• YOUR INSTRUCTIONS:
Your task is to copy the lines of the data below from the line holding "(admit id a" through the line holding "let e : r' ≡", inclusive, exactly and with nothing added.

(Stored items)
○ ○ ○ ○

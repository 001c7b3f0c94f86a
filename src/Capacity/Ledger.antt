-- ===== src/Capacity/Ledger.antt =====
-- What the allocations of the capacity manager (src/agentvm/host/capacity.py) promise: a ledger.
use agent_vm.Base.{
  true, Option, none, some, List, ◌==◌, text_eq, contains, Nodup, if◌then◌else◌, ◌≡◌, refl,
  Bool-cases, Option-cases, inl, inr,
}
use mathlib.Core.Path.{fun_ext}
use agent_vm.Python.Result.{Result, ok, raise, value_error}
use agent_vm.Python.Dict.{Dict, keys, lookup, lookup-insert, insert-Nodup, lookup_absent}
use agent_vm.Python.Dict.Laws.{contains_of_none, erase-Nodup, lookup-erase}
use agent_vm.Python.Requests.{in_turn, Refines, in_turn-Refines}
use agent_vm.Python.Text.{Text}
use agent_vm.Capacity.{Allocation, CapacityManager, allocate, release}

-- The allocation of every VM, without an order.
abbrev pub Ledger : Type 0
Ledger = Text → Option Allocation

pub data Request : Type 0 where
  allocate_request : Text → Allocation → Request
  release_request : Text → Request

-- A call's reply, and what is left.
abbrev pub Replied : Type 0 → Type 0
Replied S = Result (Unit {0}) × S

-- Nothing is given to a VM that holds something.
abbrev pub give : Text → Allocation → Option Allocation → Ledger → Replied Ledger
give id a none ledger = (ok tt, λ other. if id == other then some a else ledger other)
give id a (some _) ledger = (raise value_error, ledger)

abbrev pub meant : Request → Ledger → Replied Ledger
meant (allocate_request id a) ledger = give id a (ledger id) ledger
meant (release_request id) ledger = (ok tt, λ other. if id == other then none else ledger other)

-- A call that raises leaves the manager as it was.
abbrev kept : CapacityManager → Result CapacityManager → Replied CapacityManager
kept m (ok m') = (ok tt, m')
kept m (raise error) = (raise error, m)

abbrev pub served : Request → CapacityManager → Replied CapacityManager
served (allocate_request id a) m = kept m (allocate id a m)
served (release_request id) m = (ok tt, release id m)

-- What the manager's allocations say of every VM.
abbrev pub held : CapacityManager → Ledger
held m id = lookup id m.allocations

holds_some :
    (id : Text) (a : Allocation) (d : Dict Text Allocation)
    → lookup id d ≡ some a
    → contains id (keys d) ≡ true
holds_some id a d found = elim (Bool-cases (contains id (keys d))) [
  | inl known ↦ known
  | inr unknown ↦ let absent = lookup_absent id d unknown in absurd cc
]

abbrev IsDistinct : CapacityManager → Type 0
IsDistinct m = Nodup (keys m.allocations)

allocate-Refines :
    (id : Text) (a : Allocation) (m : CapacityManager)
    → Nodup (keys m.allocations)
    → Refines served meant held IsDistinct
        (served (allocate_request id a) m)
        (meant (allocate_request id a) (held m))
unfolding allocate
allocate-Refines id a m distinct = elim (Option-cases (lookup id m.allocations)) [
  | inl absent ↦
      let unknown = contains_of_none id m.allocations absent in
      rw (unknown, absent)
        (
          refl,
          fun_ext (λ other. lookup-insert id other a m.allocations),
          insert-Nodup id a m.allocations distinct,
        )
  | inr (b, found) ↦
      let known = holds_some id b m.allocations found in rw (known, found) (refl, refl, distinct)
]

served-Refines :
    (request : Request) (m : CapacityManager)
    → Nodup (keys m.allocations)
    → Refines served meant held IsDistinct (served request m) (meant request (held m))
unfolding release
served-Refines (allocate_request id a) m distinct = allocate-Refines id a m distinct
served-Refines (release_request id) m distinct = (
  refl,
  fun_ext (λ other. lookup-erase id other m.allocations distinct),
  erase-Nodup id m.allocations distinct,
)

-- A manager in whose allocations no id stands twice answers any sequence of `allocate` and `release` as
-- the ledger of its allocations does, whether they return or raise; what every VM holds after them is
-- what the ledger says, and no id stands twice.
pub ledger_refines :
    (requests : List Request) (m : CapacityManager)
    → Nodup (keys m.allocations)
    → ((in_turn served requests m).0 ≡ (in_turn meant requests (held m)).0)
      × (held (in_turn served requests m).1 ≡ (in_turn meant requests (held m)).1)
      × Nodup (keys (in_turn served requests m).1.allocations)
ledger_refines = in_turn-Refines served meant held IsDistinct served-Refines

○ ○ ○ ○

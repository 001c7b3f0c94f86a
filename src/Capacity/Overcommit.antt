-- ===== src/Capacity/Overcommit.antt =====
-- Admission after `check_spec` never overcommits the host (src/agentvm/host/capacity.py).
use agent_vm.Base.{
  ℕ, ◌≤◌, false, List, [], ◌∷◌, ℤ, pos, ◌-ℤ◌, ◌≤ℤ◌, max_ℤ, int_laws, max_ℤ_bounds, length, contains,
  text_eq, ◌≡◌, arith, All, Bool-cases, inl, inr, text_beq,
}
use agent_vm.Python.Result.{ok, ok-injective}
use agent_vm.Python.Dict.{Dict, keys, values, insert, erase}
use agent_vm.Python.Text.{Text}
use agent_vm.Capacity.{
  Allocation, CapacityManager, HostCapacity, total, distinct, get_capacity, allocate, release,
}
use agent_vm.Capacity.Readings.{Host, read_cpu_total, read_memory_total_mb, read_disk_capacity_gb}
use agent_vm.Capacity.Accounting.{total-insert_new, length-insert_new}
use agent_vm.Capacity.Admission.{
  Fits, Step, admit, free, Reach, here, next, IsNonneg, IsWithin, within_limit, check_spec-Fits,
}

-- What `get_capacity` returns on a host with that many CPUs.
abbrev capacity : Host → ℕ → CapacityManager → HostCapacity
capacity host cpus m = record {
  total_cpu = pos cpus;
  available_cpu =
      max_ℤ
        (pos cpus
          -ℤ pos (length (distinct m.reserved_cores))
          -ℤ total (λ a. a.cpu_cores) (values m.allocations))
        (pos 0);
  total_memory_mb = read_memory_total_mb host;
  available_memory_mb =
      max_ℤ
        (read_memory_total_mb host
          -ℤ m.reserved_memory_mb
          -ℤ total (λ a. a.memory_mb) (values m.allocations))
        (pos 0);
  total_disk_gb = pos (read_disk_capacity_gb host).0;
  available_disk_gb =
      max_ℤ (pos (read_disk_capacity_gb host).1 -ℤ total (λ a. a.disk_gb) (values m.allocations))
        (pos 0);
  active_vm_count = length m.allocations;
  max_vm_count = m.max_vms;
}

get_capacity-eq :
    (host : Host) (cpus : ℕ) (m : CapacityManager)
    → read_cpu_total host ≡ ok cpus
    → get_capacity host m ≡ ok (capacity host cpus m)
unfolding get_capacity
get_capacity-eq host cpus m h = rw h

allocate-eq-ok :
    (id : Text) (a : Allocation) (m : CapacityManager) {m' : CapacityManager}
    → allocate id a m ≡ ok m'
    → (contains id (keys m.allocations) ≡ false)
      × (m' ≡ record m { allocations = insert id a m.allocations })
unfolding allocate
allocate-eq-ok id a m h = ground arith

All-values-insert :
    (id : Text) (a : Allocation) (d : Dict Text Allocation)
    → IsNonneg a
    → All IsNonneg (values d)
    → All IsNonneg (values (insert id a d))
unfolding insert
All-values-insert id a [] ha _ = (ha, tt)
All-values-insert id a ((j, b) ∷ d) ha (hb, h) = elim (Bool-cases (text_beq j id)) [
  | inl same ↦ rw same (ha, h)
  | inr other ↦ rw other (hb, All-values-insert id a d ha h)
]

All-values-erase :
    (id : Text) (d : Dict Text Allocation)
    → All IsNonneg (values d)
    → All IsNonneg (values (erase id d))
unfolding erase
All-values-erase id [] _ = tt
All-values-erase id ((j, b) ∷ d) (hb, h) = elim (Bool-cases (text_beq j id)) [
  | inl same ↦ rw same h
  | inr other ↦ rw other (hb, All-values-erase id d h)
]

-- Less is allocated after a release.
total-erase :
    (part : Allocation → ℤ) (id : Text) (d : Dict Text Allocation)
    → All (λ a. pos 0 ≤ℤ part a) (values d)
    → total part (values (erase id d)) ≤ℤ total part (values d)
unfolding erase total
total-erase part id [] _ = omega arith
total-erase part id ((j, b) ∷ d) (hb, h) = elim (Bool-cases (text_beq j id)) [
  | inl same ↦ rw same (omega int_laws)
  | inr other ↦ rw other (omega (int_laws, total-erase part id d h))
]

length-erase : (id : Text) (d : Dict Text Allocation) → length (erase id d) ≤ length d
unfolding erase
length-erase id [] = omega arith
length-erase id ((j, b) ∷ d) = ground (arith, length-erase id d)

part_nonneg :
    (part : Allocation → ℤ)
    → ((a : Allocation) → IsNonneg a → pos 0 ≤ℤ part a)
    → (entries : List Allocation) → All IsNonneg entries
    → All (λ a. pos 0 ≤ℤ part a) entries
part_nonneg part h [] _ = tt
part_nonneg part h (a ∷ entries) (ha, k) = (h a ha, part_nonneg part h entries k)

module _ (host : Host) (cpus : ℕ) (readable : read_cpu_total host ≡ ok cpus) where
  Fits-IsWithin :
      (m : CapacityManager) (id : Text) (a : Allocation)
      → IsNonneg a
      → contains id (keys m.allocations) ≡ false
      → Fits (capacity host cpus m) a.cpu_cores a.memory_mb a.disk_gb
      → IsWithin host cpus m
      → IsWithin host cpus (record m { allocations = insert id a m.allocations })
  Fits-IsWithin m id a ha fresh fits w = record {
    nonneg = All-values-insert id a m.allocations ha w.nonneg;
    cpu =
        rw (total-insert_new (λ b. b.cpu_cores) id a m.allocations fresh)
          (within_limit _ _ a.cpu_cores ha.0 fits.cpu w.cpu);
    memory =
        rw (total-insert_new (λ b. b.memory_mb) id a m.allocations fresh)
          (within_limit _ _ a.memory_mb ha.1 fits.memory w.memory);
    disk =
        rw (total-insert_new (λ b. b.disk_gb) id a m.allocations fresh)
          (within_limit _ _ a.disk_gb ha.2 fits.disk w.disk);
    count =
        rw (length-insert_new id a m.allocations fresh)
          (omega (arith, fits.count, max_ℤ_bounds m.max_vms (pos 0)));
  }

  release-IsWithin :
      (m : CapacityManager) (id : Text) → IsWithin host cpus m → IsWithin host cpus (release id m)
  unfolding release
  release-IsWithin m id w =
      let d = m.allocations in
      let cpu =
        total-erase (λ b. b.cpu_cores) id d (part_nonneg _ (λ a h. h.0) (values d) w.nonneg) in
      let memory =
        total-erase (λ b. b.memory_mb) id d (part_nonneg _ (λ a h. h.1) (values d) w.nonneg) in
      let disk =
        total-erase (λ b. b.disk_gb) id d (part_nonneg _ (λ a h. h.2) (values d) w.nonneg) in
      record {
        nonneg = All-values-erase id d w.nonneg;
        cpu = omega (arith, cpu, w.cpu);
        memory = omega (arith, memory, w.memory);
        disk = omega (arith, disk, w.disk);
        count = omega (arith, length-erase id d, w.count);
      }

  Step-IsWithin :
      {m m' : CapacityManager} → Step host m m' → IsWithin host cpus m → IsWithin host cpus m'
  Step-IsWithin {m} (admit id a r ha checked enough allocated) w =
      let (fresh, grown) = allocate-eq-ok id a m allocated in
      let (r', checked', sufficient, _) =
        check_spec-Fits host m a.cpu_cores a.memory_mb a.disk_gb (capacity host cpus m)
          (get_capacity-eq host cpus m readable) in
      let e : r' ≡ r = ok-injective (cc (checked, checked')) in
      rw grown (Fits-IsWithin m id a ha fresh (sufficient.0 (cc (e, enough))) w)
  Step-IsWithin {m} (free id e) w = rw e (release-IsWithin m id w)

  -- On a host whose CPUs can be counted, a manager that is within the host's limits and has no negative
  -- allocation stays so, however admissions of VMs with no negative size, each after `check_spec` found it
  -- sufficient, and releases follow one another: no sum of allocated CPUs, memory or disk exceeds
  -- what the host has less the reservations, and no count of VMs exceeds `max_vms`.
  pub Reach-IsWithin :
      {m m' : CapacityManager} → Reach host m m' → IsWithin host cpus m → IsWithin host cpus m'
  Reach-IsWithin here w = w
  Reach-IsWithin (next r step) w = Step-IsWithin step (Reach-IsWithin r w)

○ ○ ○ ○

• EXPECTED ANSWER:
  Step-IsWithin {m} (admit id a r ha checked enough allocated) w =
      let (fresh, grown) = allocate-eq-ok id a m allocated in
      let (r', checked', sufficient, _) =
        check_spec-Fits host m a.cpu_cores a.memory_mb a.disk_gb (capacity host cpus m)
          (get_capacity-eq host cpus m readable) in
      let e : r' ≡ r = ok-injective (cc (checked, checked')) in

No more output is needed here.